Perspektiven Erst durch diese aktive Beteiligung des Rezipienten an der Produktion des Raums – in der wirklichen Präsenz im oder am Werk, im Abtasten und Abschreiten seiner Grenzen, in der Bewegung, im Wechsel der Ansichten – entfaltet sich eine Bedeutung im Werden. Der Betrachter, der frei seine Beobachtungsposten wählt, ohne jemals in einer einzigen Panoramaeinstellung alle Facetten des Werks aufnehmen zu können, erschließt sich den Raum der Kunst in einer sinnanreichernden Abfolge verschiedener Blickwinkel, die er einnehmen und wieder verlassen – und zu denen er, wenn er möchte, in Kenntnis neuer Eindrücke zurückkehren kann.

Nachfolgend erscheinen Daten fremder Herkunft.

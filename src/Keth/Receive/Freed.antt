-- ===== src/Keth/Receive/Freed.antt =====
-- How the two interrupt handlers of keth-if/kernel/core.c free the socket buffer of a transmission.
use hack.Base.{ℕ, ◌≡◌, some, true, ◌∷◌, arith}
use hack.Keth.Receive.{napi_tx, regular_tx}
use hack.Keth.Model.{Net, Dev, at, kfree_skb, eth0, eth1}

-- A second transmit interrupt with no transmission in between, such as a timeout raises: the handler
-- for NAPI frees the buffer once, the regular handler frees the same buffer twice.
pub regular_tx-twice :
    (s : Net) (d : Dev) (addr : ℕ)
    → (at s d).skb ≡ some addr
    → ((at (napi_tx true (napi_tx true s d) d) d).calls ≡ kfree_skb (some addr) ∷ (at s d).calls)
      × ((at (regular_tx true (regular_tx true s d) d) d).calls
          ≡ kfree_skb (some addr) ∷ kfree_skb (some addr) ∷ (at s d).calls)
unfolding napi_tx regular_tx
regular_tx-twice s eth0 addr e = ground arith
regular_tx-twice s eth1 addr e = ground arith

Die Polyperspektivität eines solcherart temporal erlebbaren Raumkunstwerks konfrontiert den Betrachter mit der Erfahrung, dass die Kunstbeobachtung nicht in einen finalen Einheitsgesichtspunkt zusammenläuft: dass die differenten Perspektiven sich nicht in einer ‚Idee‘ auflösen und versöhnen lassen, sondern als Nebeneinander des Verschiedenen ausgehalten werden müssen, und ihre Widersprüche, statt sich zu glätten, als Stachel stehenbleiben.[31] Plastische Werke zeigen sich als multikausale, unabschließbare Ensembles von Positionen, die, statt einer vorgefertigten linearen Ordnung zu folgen, assoziativ, sprunghaft, chaotisch – aber dennoch stets sinnvoll – miteinander vernetzt werden können und in ihrer selbst hergestellten Komplexität eine wesentliche Signatur der Moderne aufscheinen lassen.[32] Ein an der Undiszipliniertheit des Raums geschultes plastisches Denken könnte diese vermeintlichen Unsicherheiten indes nicht als Mangel, sondern als Freiheit zu autonomer, kreativer, ‚wilder‘ Ordnungsfindung erfahren: als eine Lektion in Ungehorsam.
[1]
Moravánszky, S. 121f.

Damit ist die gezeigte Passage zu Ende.